== Segment start ==
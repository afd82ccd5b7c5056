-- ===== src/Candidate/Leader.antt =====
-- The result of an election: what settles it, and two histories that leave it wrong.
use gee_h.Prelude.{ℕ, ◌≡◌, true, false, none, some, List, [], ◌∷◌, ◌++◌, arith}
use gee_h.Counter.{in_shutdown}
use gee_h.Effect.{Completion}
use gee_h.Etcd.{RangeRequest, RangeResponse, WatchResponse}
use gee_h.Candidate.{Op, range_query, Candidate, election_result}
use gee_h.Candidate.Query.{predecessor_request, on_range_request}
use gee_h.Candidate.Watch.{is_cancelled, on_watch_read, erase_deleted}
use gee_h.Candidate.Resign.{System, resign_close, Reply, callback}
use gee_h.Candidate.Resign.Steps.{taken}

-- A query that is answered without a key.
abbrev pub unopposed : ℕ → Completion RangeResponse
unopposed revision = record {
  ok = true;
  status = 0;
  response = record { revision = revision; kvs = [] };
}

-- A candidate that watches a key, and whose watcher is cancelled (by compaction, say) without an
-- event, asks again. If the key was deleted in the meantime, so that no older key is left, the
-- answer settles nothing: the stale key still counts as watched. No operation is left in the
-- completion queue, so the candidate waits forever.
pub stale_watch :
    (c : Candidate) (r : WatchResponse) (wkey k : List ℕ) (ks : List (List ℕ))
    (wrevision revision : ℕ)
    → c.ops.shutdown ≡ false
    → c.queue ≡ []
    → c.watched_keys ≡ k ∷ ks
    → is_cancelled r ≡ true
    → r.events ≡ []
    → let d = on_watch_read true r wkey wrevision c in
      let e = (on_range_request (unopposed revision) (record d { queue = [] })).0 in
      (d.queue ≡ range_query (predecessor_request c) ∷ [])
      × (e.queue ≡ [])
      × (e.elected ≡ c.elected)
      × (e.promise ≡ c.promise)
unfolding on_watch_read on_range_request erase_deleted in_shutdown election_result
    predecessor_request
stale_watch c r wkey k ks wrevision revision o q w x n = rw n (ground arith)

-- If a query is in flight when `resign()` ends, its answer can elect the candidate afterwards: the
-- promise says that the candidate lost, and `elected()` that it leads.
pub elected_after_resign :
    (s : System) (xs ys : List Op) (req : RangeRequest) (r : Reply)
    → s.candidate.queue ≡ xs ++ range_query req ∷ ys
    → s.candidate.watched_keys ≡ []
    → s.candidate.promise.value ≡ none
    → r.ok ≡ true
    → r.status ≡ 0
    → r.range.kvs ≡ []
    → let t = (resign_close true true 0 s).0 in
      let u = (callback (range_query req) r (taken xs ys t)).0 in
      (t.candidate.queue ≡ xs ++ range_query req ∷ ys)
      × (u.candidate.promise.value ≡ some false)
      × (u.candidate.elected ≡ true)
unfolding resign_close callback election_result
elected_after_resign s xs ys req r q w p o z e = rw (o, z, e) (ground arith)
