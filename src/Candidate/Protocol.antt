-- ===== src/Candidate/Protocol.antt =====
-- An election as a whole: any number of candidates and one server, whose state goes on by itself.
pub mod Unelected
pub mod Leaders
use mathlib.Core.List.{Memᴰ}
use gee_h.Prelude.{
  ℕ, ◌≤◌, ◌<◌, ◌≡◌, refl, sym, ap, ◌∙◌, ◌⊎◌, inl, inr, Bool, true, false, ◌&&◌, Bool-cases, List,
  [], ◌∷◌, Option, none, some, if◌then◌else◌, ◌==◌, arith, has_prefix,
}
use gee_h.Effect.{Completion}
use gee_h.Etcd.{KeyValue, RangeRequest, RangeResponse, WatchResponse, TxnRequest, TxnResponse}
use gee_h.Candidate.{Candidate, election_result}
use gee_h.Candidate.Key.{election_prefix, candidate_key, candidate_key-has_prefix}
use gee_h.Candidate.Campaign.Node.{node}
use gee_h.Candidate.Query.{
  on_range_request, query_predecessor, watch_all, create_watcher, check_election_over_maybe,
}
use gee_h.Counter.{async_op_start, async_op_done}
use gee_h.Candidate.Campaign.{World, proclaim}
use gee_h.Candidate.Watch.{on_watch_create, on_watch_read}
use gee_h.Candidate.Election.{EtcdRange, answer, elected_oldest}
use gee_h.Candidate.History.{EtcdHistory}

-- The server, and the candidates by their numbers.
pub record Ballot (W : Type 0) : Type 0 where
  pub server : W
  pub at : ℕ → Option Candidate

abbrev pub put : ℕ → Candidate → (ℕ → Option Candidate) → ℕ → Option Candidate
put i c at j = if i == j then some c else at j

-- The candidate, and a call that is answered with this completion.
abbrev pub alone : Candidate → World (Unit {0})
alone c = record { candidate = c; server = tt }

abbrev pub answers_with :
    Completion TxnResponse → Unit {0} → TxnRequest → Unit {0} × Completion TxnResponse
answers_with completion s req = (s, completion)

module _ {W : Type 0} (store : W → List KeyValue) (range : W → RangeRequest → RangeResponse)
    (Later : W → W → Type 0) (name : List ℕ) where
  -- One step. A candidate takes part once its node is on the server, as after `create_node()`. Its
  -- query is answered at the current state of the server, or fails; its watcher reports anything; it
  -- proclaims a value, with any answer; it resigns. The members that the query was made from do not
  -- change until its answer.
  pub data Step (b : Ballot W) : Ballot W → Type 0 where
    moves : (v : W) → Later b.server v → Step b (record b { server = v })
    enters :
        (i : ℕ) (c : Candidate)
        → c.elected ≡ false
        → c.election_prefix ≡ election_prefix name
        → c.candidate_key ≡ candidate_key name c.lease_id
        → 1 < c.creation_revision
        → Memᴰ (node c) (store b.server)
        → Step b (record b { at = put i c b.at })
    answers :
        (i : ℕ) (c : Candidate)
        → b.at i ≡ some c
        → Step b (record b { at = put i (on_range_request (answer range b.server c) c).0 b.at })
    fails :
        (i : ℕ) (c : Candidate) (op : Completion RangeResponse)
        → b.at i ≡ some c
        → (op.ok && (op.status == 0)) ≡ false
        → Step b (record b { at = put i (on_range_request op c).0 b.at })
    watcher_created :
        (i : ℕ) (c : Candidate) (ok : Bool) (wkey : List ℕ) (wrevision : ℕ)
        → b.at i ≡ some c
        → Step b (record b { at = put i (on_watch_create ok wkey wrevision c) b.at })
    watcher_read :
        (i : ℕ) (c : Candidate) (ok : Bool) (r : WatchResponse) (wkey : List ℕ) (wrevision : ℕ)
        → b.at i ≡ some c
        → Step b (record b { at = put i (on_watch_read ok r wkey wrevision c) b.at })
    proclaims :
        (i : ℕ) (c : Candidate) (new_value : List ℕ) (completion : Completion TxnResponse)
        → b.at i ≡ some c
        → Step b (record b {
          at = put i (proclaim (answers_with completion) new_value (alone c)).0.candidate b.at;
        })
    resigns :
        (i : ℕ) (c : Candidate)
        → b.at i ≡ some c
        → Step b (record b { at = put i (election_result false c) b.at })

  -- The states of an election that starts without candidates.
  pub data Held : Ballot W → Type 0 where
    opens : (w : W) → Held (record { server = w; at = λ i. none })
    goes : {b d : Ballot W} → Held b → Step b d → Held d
== Segment end ==
Task to complete:
Every line of the material above should be set down again exactly.

Your solution:
repository afd82ccd5b7c5056
-- ===== src/Candidate/Leader.antt =====
-- The result of an election: what settles it, and two histories that leave it wrong.
use gee_h.Prelude.{ℕ, ◌≡◌, true, false, none, some, List, [], ◌∷◌, ◌++◌, arith}
use gee_h.Counter.{in_shutdown}
use gee_h.Effect.{Completion}
use gee_h.Etcd.{RangeRequest, RangeResponse, WatchResponse}
use gee_h.Candidate.{Op, range_query, Candidate, election_result}
use gee_h.Candidate.Query.{predecessor_request, on_range_request}
use gee_h.Candidate.Watch.{is_cancelled, on_watch_read, erase_deleted}
use gee_h.Candidate.Resign.{System, resign_close, Reply, callback}
use gee_h.Candidate.Resign.Steps.{taken}

-- A query that is answered without a key.
abbrev pub unopposed : ℕ → Completion RangeResponse
unopposed revision = record {
  ok = true;
  status = 0;
  response = record { revision = revision; kvs = [] };
}

-- A candidate that watches a key, and whose watcher is cancelled (by compaction, say) without an
-- event, asks again. If the key was deleted in the meantime, so that no older key is left, the
-- answer settles nothing: the stale key still counts as watched. No operation is left in the
-- completion queue, so the candidate waits forever.
pub stale_watch :
    (c : Candidate) (r : WatchResponse) (wkey k : List ℕ) (ks : List (List ℕ))
    (wrevision revision : ℕ)
    → c.ops.shutdown ≡ false
    → c.queue ≡ []
    → c.watched_keys ≡ k ∷ ks
    → is_cancelled r ≡ true
    → r.events ≡ []
    → let d = on_watch_read true r wkey wrevision c in
      let e = (on_range_request (unopposed revision) (record d { queue = [] })).0 in
      (d.queue ≡ range_query (predecessor_request c) ∷ [])
      × (e.queue ≡ [])
      × (e.elected ≡ c.elected)
      × (e.promise ≡ c.promise)
unfolding on_watch_read on_range_request erase_deleted in_shutdown election_result
    predecessor_request
stale_watch c r wkey k ks wrevision revision o q w x n = rw n (ground arith)

-- If a query is in flight when `resign()` ends, its answer can elect the candidate afterwards: the
-- promise says that the candidate lost, and `elected()` that it leads.
pub elected_after_resign :
    (s : System) (xs ys : List Op) (req : RangeRequest) (r : Reply)
    → s.candidate.queue ≡ xs ++ range_query req ∷ ys
    → s.candidate.watched_keys ≡ []
    → s.candidate.promise.value ≡ none
    → r.ok ≡ true
    → r.status ≡ 0
    → r.range.kvs ≡ []
    → let t = (resign_close true true 0 s).0 in
      let u = (callback (range_query req) r (taken xs ys t)).0 in
      (t.candidate.queue ≡ xs ++ range_query req ∷ ys)
      × (u.candidate.promise.value ≡ some false)
      × (u.candidate.elected ≡ true)
unfolding resign_close callback election_result
elected_after_resign s xs ys req r q w p o z e = rw (o, z, e) (ground arith)
filename src/Candidate/Protocol.antt
-- ===== src/Candidate/Protocol.antt =====
-- An election as a whole: any number of candidates and one server, whose state goes on by itself.
pub mod Unelected
pub mod Leaders
use mathlib.Core.List.{Memᴰ}
use gee_h.Prelude.{
  ℕ, ◌≤◌, ◌<◌, ◌≡◌, refl, sym, ap, ◌∙◌, ◌⊎◌, inl, inr, Bool, true, false, ◌&&◌, Bool-cases, List,
  [], ◌∷◌, Option, none, some, if◌then◌else◌, ◌==◌, arith, has_prefix,
}
use gee_h.Effect.{Completion}
use gee_h.Etcd.{KeyValue, RangeRequest, RangeResponse, WatchResponse, TxnRequest, TxnResponse}
use gee_h.Candidate.{Candidate, election_result}
use gee_h.Candidate.Key.{election_prefix, candidate_key, candidate_key-has_prefix}
use gee_h.Candidate.Campaign.Node.{node}
use gee_h.Candidate.Query.{
  on_range_request, query_predecessor, watch_all, create_watcher, check_election_over_maybe,
}
use gee_h.Counter.{async_op_start, async_op_done}
use gee_h.Candidate.Campaign.{World, proclaim}
use gee_h.Candidate.Watch.{on_watch_create, on_watch_read}
use gee_h.Candidate.Election.{EtcdRange, answer, elected_oldest}
use gee_h.Candidate.History.{EtcdHistory}

-- The server, and the candidates by their numbers.
pub record Ballot (W : Type 0) : Type 0 where
  pub server : W
  pub at : ℕ → Option Candidate

abbrev pub put : ℕ → Candidate → (ℕ → Option Candidate) → ℕ → Option Candidate
put i c at j = if i == j then some c else at j

-- The candidate, and a call that is answered with this completion.
abbrev pub alone : Candidate → World (Unit {0})
alone c = record { candidate = c; server = tt }

abbrev pub answers_with :
    Completion TxnResponse → Unit {0} → TxnRequest → Unit {0} × Completion TxnResponse
answers_with completion s req = (s, completion)

module _ {W : Type 0} (store : W → List KeyValue) (range : W → RangeRequest → RangeResponse)
    (Later : W → W → Type 0) (name : List ℕ) where
  -- One step. A candidate takes part once its node is on the server, as after `create_node()`. Its
  -- query is answered at the current state of the server, or fails; its watcher reports anything; it
  -- proclaims a value, with any answer; it resigns. The members that the query was made from do not
  -- change until its answer.
  pub data Step (b : Ballot W) : Ballot W → Type 0 where
    moves : (v : W) → Later b.server v → Step b (record b { server = v })
    enters :
        (i : ℕ) (c : Candidate)
        → c.elected ≡ false
        → c.election_prefix ≡ election_prefix name
        → c.candidate_key ≡ candidate_key name c.lease_id
        → 1 < c.creation_revision
        → Memᴰ (node c) (store b.server)
        → Step b (record b { at = put i c b.at })
    answers :
        (i : ℕ) (c : Candidate)
        → b.at i ≡ some c
        → Step b (record b { at = put i (on_range_request (answer range b.server c) c).0 b.at })
    fails :
        (i : ℕ) (c : Candidate) (op : Completion RangeResponse)
        → b.at i ≡ some c
        → (op.ok && (op.status == 0)) ≡ false
        → Step b (record b { at = put i (on_range_request op c).0 b.at })
    watcher_created :
        (i : ℕ) (c : Candidate) (ok : Bool) (wkey : List ℕ) (wrevision : ℕ)
        → b.at i ≡ some c
        → Step b (record b { at = put i (on_watch_create ok wkey wrevision c) b.at })
    watcher_read :
        (i : ℕ) (c : Candidate) (ok : Bool) (r : WatchResponse) (wkey : List ℕ) (wrevision : ℕ)
        → b.at i ≡ some c
        → Step b (record b { at = put i (on_watch_read ok r wkey wrevision c) b.at })
    proclaims :
        (i : ℕ) (c : Candidate) (new_value : List ℕ) (completion : Completion TxnResponse)
        → b.at i ≡ some c
        → Step b (record b {
          at = put i (proclaim (answers_with completion) new_value (alone c)).0.candidate b.at;
        })
    resigns :
        (i : ℕ) (c : Candidate)
        → b.at i ≡ some c
        → Step b (record b { at = put i (election_result false c) b.at })

  -- The states of an election that starts without candidates.
  pub data Held : Ballot W → Type 0 where
    opens : (w : W) → Held (record { server = w; at = λ i. none })
    goes : {b d : Ballot W} → Held b → Step b d → Held d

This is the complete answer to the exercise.